Finding the maximum tension in a cable

[Nexus305]

I was trying to solve this question:

In a scrap yard, a car of mass 1200 kg is suspended from a crane using an electromagnet of mass 1400 kg.When the electricity is turned off the car is dropped. Assuming the spring constant for the crane and the supporting cable is 3.5 MN/m, find the maximum tension in the cable after the car is dropped.

Please, correct me if I am wrong, the tension in the wire after the car is dropped is acting upwards right?
So the free body diagram would have the tension pointing upwards and the weight of the magnet pointing downwards?
My lecturer has done this Fmax = kx + m(of the magnet)g
I don't understand how he got this.
An explanation would be very helpful
Thanks!

 

[TSny]

I was trying to solve this question:

In a scrap yard, a car of mass 1200 kg is suspended from a crane using an electromagnet of mass 1400 kg.When the electricity is turned off the car is dropped. Assuming the spring constant for the crane and the supporting cable is 3.5 MN/m, find the maximum tension in the cable after the car is dropped.

Please, correct me if I am wrong, the tension in the wire after the car is dropped is acting upwards right?

Yes, the tension force acting on the magnet is upwards immediately before and immediately after the car is dropped.

So the free body diagram would have the tension pointing upwards and the weight of the magnet pointing downwards?

Yes

My lecturer has done this Fmax = kx + m(of the magnet)g
I don't understand how he got this.

I don't understand it either. If F_max is intended to represent the total force on magnet, then it appears that there's a sign error because, as you noted, the tension force (kx) and the weight act in opposite directions.

Let's forget that formula for now and start with a basic question: What is the tension in the cable just before the car is dropped? You have the data to determine this and I think the answer to this question will place us well on the way to getting the final answer to the problem.

 

[Nexus305]

Thanks TSny...
So basically what you are saying is that Fmax is equal to the difference between the tension right before the car is dropped and the weight of the magnet??
Since that tension is greater than the weight of the magnet, the resultant(Fmax) would point upwards like we agreed

 

[Nexus305]

In case you misunderstood. what my lecturer got for Fmax is actually the maximum tension that he found. that's all he had done.

 

[TSny]

In case you misunderstood. what my lecturer got for Fmax is actually the maximum tension that he found. that's all he had done.

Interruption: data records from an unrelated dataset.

-- ===== src/Storage/Contract.antt =====
-- `SledStorage` of state/storage.rs meets the contract of `trait Storage`.
use gravity_kvstore.Prelude.{
  ℕ, ◌<◌, ◌≡◌, ◌≢◌, refl, ◌∙◌, sym, ap, Bytes, bytes_eq, bytes_beq_ne, some, List, [], ◌∷◌, ok,
  ◌==◌, if◌then◌else◌, length, All, u64_mod, arith,
}
use gravity_kvstore.Dict.{Dict, insert}
use gravity_kvstore.Types.{Block, StateRoot, TransactionReceipt}
use gravity_kvstore.Storage.{a_block, a_state_root, StorageError, IsStorage, HasHash}
use gravity_kvstore.Storage.Keys.{block_key, state_root_key}
use gravity_kvstore.Storage.Distinct.{length-block_key, length-state_root_key}
use gravity_kvstore.Storage.Sled.{
  Sled, Bincode, save_block, get_block, encode_receipts, save_transaction_receipts, save_state_root,
  get_state_root, sled_storage,
}
use gravity_kvstore.Storage.Reliable.{SledLaws, CodeLaws}
use gravity_kvstore.Storage.Content.{
  last_of-apart, insert-apart, block_key-test, root_key-test, keys_apart, save-ok, content-saved,
  load-eq-read_as, read_as, saved,
}

module _ (sled : Sled) (code : Bincode) (laws : SledLaws sled) (codes : CodeLaws code) where
  abbrev with_block : Block → sled.Db → sled.Db
  with_block b db = saved sled laws (block_key b.header.number) (codes.block_bytes b) db

  abbrev with_root : ℕ → StateRoot → sled.Db → sled.Db
  with_root n r db = saved sled laws (state_root_key n) (codes.root_bytes r) db

  save_block-with_block :
      (b : Block) (db : sled.Db) → save_block sled code b db ≡ (ok tt, with_block b db)
  unfolding save_block
  save_block-with_block b db = rw codes.serialize_block-ok (save-ok sled laws _ _ _ db)

  save_root-with_root :
      (n : ℕ) (r : StateRoot) (db : sled.Db)
      → save_state_root sled code n r db ≡ (ok tt, with_root n r db)
  unfolding save_state_root
  save_root-with_root n r db = rw codes.serialize_root-ok (save-ok sled laws _ _ _ db)

  get_block-content :
      (n : ℕ) (db : sled.Db)
      → get_block sled code n db
        ≡ read_as a_block code.deserialize_block (laws.content db (block_key n))
  unfolding get_block
  get_block-content n db = load-eq-read_as sled laws _ _ _ db

  get_root-content :
      (n : ℕ) (db : sled.Db)
      → get_state_root sled code n db
        ≡ read_as a_state_root code.deserialize_root (laws.content db (state_root_key n))
  unfolding get_state_root
  get_root-content n db = load-eq-read_as sled laws _ _ _ db

  get_block-with_block :
      (b : Block) (n : ℕ) (db : sled.Db)
      → b.header.number < u64_mod
      → n < u64_mod
      → get_block sled code n (with_block b db)
        ≡ (if b.header.number == n then ok (some b) else get_block sled code n db)
  get_block-with_block b n db hb hn = ground (
    arith,
    get_block-content n (with_block b db),
    get_block-content n db,
    content-saved sled laws (block_key b.header.number) (codes.block_bytes b) db (block_key n),
    block_key-test b.header.number n hb hn,
    codes.deserialize_block-bytes b,
  )

  get_root-with_root :
      (m : ℕ) (r : StateRoot) (n : ℕ) (db : sled.Db)
      → m < u64_mod
      → n < u64_mod
      → get_state_root sled code n (with_root m r db)
        ≡ (if m == n then ok (some r) else get_state_root sled code n db)
  get_root-with_root m r n db hm hn = ground (
    arith,
    get_root-content n (with_root m r db),
    get_root-content n db,
    content-saved sled laws (state_root_key m) (codes.root_bytes r) db (state_root_key n),
    root_key-test m n hm hn,
    codes.deserialize_root-bytes r,
  )

  get_root-with_block :
      (b : Block) (n : ℕ) (db : sled.Db)
      → get_state_root sled code n (with_block b db) ≡ get_state_root sled code n db
  get_root-with_block b n db = ground (
    arith,
    get_root-content n (with_block b db),
    get_root-content n db,
    content-saved sled laws (block_key b.header.number) (codes.block_bytes b) db (state_root_key n),
    bytes_beq_ne _ _ (keys_apart b.header.number n),
  )

  get_block-with_root :
      (m : ℕ) (r : StateRoot) (n : ℕ) (db : sled.Db)
      → get_block sled code n (with_root m r db) ≡ get_block sled code n db
  get_block-with_root m r n db = ground (
    arith,
    get_block-content n (with_root m r db),
    get_block-content n db,
    content-saved sled laws (state_root_key m) (codes.root_bytes r) db (block_key n),
    bytes_beq_ne _ _ (λ e. keys_apart n m (sym e)),
  )

  -- The pairs that `save_transaction_receipts` writes.
  abbrev encodes : List TransactionReceipt → Dict Bytes Bytes → Dict Bytes Bytes
  encodes [] pairs = pairs
  encodes (r ∷ rs) pairs = encodes rs (insert r.transaction_hash (codes.receipt_bytes r) pairs)

  encode_receipts-ok :
      {E : Type 0} (rs : List TransactionReceipt) (pairs : Dict Bytes Bytes)
      → encode_receipts sled code {E = E} rs pairs ≡ ok (encodes rs pairs)
  unfolding encode_receipts
  encode_receipts-ok [] pairs = refl
  encode_receipts-ok (r ∷ rs) pairs =
      rw (codes.serialize_receipt-ok r)
        (encode_receipts-ok rs (insert r.transaction_hash (codes.receipt_bytes r) pairs))

  encodes-apart :
      (k : Bytes) (rs : List TransactionReceipt) (pairs : Dict Bytes Bytes)
      → length k ≢ 32
      → All HasHash rs
      → All (λ p. p.0 ≢ k) pairs
      → All (λ p. p.0 ≢ k) (encodes rs pairs)
  encodes-apart k [] pairs len h apart = apart
  encodes-apart k (r ∷ rs) pairs len h apart =
      encodes-apart k rs (insert r.transaction_hash (codes.receipt_bytes r) pairs) len h.1 (
        insert-apart k r.transaction_hash (codes.receipt_bytes r) pairs
          (λ e. len (ap (λ (x : Bytes). length x) (sym e) ∙ h.0)) apart)

  abbrev with_receipts : List TransactionReceipt → sled.Db → sled.Db
  with_receipts rs db = laws.committed (encodes rs []) db

  save_receipts-with_receipts :
      (rs : List TransactionReceipt) (db : sled.Db)
      → save_transaction_receipts sled code rs db ≡ (ok tt, with_receipts rs db)
  unfolding save_transaction_receipts
  save_receipts-with_receipts rs db =
      ground
        (arith, encode_receipts-ok {E = StorageError} rs [], laws.transaction-ok (encodes rs []) db)

  content-with_receipts :
      (k : Bytes) (rs : List TransactionReceipt) (db : sled.Db)
      → length k ≢ 32
      → All HasHash rs
      → laws.content (with_receipts rs db) k ≡ laws.content db k
  content-with_receipts k rs db len h =
      laws.content-committed (encodes rs []) db k
      ∙ last_of-apart k (encodes rs []) (laws.content db k) (encodes-apart k rs [] len h tt)

  get_block-with_receipts :
      (rs : List TransactionReceipt) (n : ℕ) (db : sled.Db)
      → All HasHash rs
      → get_block sled code n (with_receipts rs db) ≡ get_block sled code n db
  get_block-with_receipts rs n db h = ground (
    arith,
    get_block-content n (with_receipts rs db),
    get_block-content n db,
    content-with_receipts (block_key n) rs db (length-block_key n) h,
  )

  get_root-with_receipts :
      (rs : List TransactionReceipt) (n : ℕ) (db : sled.Db)
      → All HasHash rs
      → get_state_root sled code n (with_receipts rs db) ≡ get_state_root sled code n db
  get_root-with_receipts rs n db h = ground (
    arith,
    get_root-content n (with_receipts rs db),
    get_root-content n db,
    content-with_receipts (state_root_key n) rs db (length-state_root_key n) h,
  )

  -- Over a database and encodings that work, `SledStorage` meets the contract `IsStorage`: the
  -- saves of blocks, state roots and receipts go through; a block and a state root are read back,
  -- at numbers in the range of `u64`; and no save disturbs the blocks and roots under other
  -- numbers or of the other kind, that of receipts whose hashes have 32 bytes none at all.
  pub sled_storage-IsStorage : IsStorage (sled_storage sled code)
  unfolding sled_storage
  sled_storage-IsStorage = record {
    saved_block = with_block;
    save_block-ok = save_block-with_block;
    get_block-saved_block = get_block-with_block;
    get_state_root-saved_block = get_root-with_block;
    saved_root = with_root;
    save_state_root-ok = save_root-with_root;
    get_state_root-saved_root = get_root-with_root;
    get_block-saved_root = get_block-with_root;
    saved_receipts = with_receipts;
    save_receipts-ok = save_receipts-with_receipts;
    get_block-saved_receipts = get_block-with_receipts;
    get_state_root-saved_receipts = get_root-with_receipts;
  }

Still can't see where he's going with it.

Anyway, can you answer the question I gave you? It really will get you very close to the final answer (unless I'm misunderstanding the statement of the problem.)

 

[Nexus305]

Well I calculated the tension just before the car is released to be 25506 N.
i did g*(mass of magnet + mass of car)

 

[TSny]

Good. Now, what do you think the tension in the cable will be immediately after the car is released?

 

[Nexus305]

Immediately after its released the tension would be the same as before for a split second. this is probably why the magnet would be suddenly pulled upwards. Then the cable will become slack...is that correct?

 

[TSny]

Immediately after its released the tension would be the same as before for a split second. this is probably why the magnet would be suddenly pulled upwards. Then the cable will become slack...is that correct?

Yes, the tension right after release will still be 25.5 kN and then the mass will start moving upward with the tension decreasing. Can you describe the subsequent motion? (The cable will not actually go slack.)

Can you now see the answer to the original question?

 

[Nexus305]

The motion is Simple Harmonic Motion. So the final answer is 25.5 kN?

 

[TSny]

Yes, I believe that's the answer unless I've misunderstood the problem. The value of the spring constant is not needed.

I still don't understand the equation that your lecturer wrote. Not sure what value of x he intended to substitute into the equation. To get an answer of 25.5 kN, x would need to be the distance that the car alone would stretch the cable.

 

[Nexus305]

Oh my lecturer has found the value for x in an earlier question.

X = F/k = (1200*9.81)/3.5*10^6 = 3.36 mm
and he said this value is the static deflection of the loaded system from equilibrium. Which means he is considering the cable and magnet to be one system. So yeah he is considering X to be the elongation of the cable solely due to the weigh of the car.